*Data to process*:

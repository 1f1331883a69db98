-- ===== src/Config/SectionsKeep.antt =====
-- That the handlers of pal-config-parser.c for ports, profiles and loopbacks keep what holds of the
-- data.
use audioreach_pulseaudio_pl.Config.Map.{lookup}
use audioreach_pulseaudio_pl.Ports.{device_name_to_enum}
use audioreach_pulseaudio_pl.Config.Handlers.{SameUsecase, same-UsecaseEdit, same_or_port-IsValid}
use audioreach_pulseaudio_pl.Config.Invariant.{IsValid, PortEdit}
use audioreach_pulseaudio_pl.Config.{ConfigData, Loopback, Parser, Port, Profile, Usecase}
use audioreach_pulseaudio_pl.Config.Entry.{
  Edit, edit_loopback, edit_port, edit_profile, edit_sink, edit_source, else_try, or_fail,
}
use audioreach_pulseaudio_pl.Sink.Rates.{supported_sink_rates}
use audioreach_pulseaudio_pl.Config.Keeps.{ProfileEdit, else-Kept, or_fail-IsValid}
use audioreach_pulseaudio_pl.Config.Chains.{
  HandlerKeeps, loopback_chain, port_chain, profile_chain, sink_chain, source_chain,
}
use audioreach_pulseaudio_pl.Config.Formats.{among}
use audioreach_pulseaudio_pl.Source.Rates.{is_supported_source_encoding, supported_source_rates}
use audioreach_pulseaudio_pl.Base.{
  Option, String, arith, get_or, is_some, negsuc, none, not, pos, refl, some, true, ℤ,
}
use audioreach_pulseaudio_pl.Config.Sections.{
  is_no_device, node_path_fields, parse_description, parse_max_sink_channels,
  parse_max_source_channels, parse_pal_devicepp_config, parse_port_device, parse_port_direction,
  parse_port_format_detection, parse_port_sys_path, parse_presence, parse_priority, set_available,
  set_direction, set_format_detection, set_node_path, set_usecase_type,
}
use audioreach_pulseaudio_pl.Formats.{is_supported_encoding}

pub parse_pal_devicepp_config-IsValid : HandlerKeeps parse_pal_devicepp_config
unfolding parse_pal_devicepp_config
parse_pal_devicepp_config-IsValid p section rvalue c v =
    let edit : Edit Usecase = λ u. (true, record u { pal_devicepp_config = some rvalue }) in
    same_or_port-IsValid p section edit edit
      (λ u. (true, record u { pal_devicepp_config = some rvalue })) c
      (λ u. (refl, refl, refl, refl, refl)) (λ u. (refl, refl, refl, refl, refl)) (λ u. refl) v

set_usecase_type-SameUsecase : (rvalue : String) → SameUsecase (set_usecase_type rvalue)
set_usecase_type-SameUsecase rvalue u = ground arith

set_available-PortEdit : (rvalue : String) → PortEdit (set_available rvalue)
set_available-PortEdit rvalue u = ground arith

pub parse_presence-IsValid : HandlerKeeps parse_presence
unfolding parse_presence
parse_presence-IsValid p section rvalue c v =
    same_or_port-IsValid p section (set_usecase_type rvalue) (set_usecase_type rvalue)
      (set_available rvalue) c (set_usecase_type-SameUsecase rvalue)
      (set_usecase_type-SameUsecase rvalue) (set_available-PortEdit rvalue) v

pub parse_description-IsValid : HandlerKeeps parse_description
unfolding parse_description
parse_description-IsValid p section rvalue c v =
    let usecase : Edit Usecase = λ u. (true, record u { description = some rvalue }) in
    let profile : Edit Profile = λ u. (true, record u { description = some rvalue }) in
    let port : Edit Port = λ u. (true, record u { description = some rvalue }) in
    let loopback : Edit Loopback = λ u. (true, record u { description = some rvalue }) in
    let same : SameUsecase usecase = λ u. (refl, refl, refl, refl, refl) in
    let e = edit_loopback section loopback c in
    let d = edit_source p section usecase c in
    let b = edit_sink p section usecase c in
    let a = edit_port p section port c in
    let o = edit_profile section profile c in
    or_fail-IsValid c (else_try o (else_try a (else_try b (else_try d e)))) v (
      else-Kept o (else_try a (else_try b (else_try d e)))
        (profile_chain section profile c (λ u. (refl, λ h. h)) v)
        (else-Kept a (else_try b (else_try d e)) (port_chain p section port c (λ u. refl) v) (
          else-Kept b (else_try d e)
            (sink_chain p section usecase c
              (same-UsecaseEdit is_supported_encoding (among supported_sink_rates) usecase same) v)
            (else-Kept d e
              (source_chain p section usecase c
                (same-UsecaseEdit is_supported_source_encoding (among supported_source_rates)
                  usecase same)
                v)
              (loopback_chain section loopback c (λ u. (refl, λ h k. (h, k))) v)))))

pub parse_priority-IsValid : HandlerKeeps parse_priority
unfolding parse_priority
parse_priority-IsValid p section rvalue c v =
    let profile : Edit Profile =
      λ u. (true, record u { priority = get_or (p.atou rvalue) u.priority }) in
    let port : Edit Port = λ u. (true, record u { priority = get_or (p.atou rvalue) u.priority }) in
    or_fail-IsValid c (else_try (edit_profile section profile c) (edit_port p section port c)) v (
      else-Kept (edit_profile section profile c) (edit_port p section port c)
        (profile_chain section profile c (λ u. (refl, λ h. h)) v)
        (port_chain p section port c (λ u. refl) v))

profile_only-IsValid :
    (section : String) (f : Edit Profile) (c : ConfigData)
    → ProfileEdit c.ports f
    → IsValid c
    → IsValid (or_fail c (edit_profile section f c)).1
profile_only-IsValid section f c e v =
    or_fail-IsValid c (edit_profile section f c) v (profile_chain section f c e v)

port_only-IsValid :
    (p : Parser) (section : String) (f : Edit Port) (c : ConfigData)
    → PortEdit f
    → IsValid c
    → IsValid (or_fail c (edit_port p section f c)).1
port_only-IsValid p section f c e v =
    or_fail-IsValid c (edit_port p section f c) v (port_chain p section f c e v)

pub parse_max_sink_channels-IsValid : HandlerKeeps parse_max_sink_channels
unfolding parse_max_sink_channels
parse_max_sink_channels-IsValid p section rvalue c v =
    profile_only-IsValid section
      (λ u. (
        is_some (p.atou rvalue),
        record u { max_sink_channels = get_or (p.atou rvalue) u.max_sink_channels },
      ))
      c (λ u. (refl, λ h. h)) v

pub parse_max_source_channels-IsValid : HandlerKeeps parse_max_source_channels
unfolding parse_max_source_channels
parse_max_source_channels-IsValid p section rvalue c v =
    profile_only-IsValid section
      (λ u. (
        is_some (p.atou rvalue),
        record u { max_source_channels = get_or (p.atou rvalue) u.max_source_channels },
      ))
      c (λ u. (refl, λ h. h)) v

pub parse_port_device-IsValid : HandlerKeeps parse_port_device
unfolding parse_port_device
parse_port_device-IsValid p section rvalue c v =
    port_only-IsValid p section
      (λ u. (
        not (is_no_device (device_name_to_enum rvalue)),
        record u { device = device_name_to_enum rvalue },
      ))
      c (λ u. refl) v

set_direction-PortEdit : (rvalue : String) → PortEdit (set_direction rvalue)
set_direction-PortEdit rvalue u = ground arith

pub parse_port_direction-IsValid : HandlerKeeps parse_port_direction
unfolding parse_port_direction
parse_port_direction-IsValid p section rvalue c v =
    port_only-IsValid p section (set_direction rvalue) c (set_direction-PortEdit rvalue) v

set_node_path-PortEdit :
    (field : Option String) (rvalue : String) → PortEdit (set_node_path field rvalue)
set_node_path-PortEdit none rvalue u = refl
set_node_path-PortEdit (some field) rvalue u = refl

pub parse_port_sys_path-IsValid : (lvalue : String) → HandlerKeeps (parse_port_sys_path lvalue)
unfolding parse_port_sys_path
parse_port_sys_path-IsValid lvalue p section rvalue c v =
    let field = lookup lvalue node_path_fields in
    port_only-IsValid p section (set_node_path field rvalue) c (set_node_path-PortEdit field rvalue)
      v

set_format_detection-PortEdit : (read : ℤ) → PortEdit (set_format_detection read)
set_format_detection-PortEdit (pos n) u = refl
set_format_detection-PortEdit (negsuc n) u = refl

pub parse_port_format_detection-IsValid : HandlerKeeps parse_port_format_detection
unfolding parse_port_format_detection
parse_port_format_detection-IsValid p section rvalue c v =
    port_only-IsValid p section (set_format_detection (p.parse_boolean rvalue)) c
      (set_format_detection-PortEdit (p.parse_boolean rvalue)) v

*Exercise*: Go through the listing above and copy each line in which the string "lookup" is found.

*Output for this exercise*:
use audioreach_pulseaudio_pl.Config.Map.{lookup}
    let field = lookup lvalue node_path_fields in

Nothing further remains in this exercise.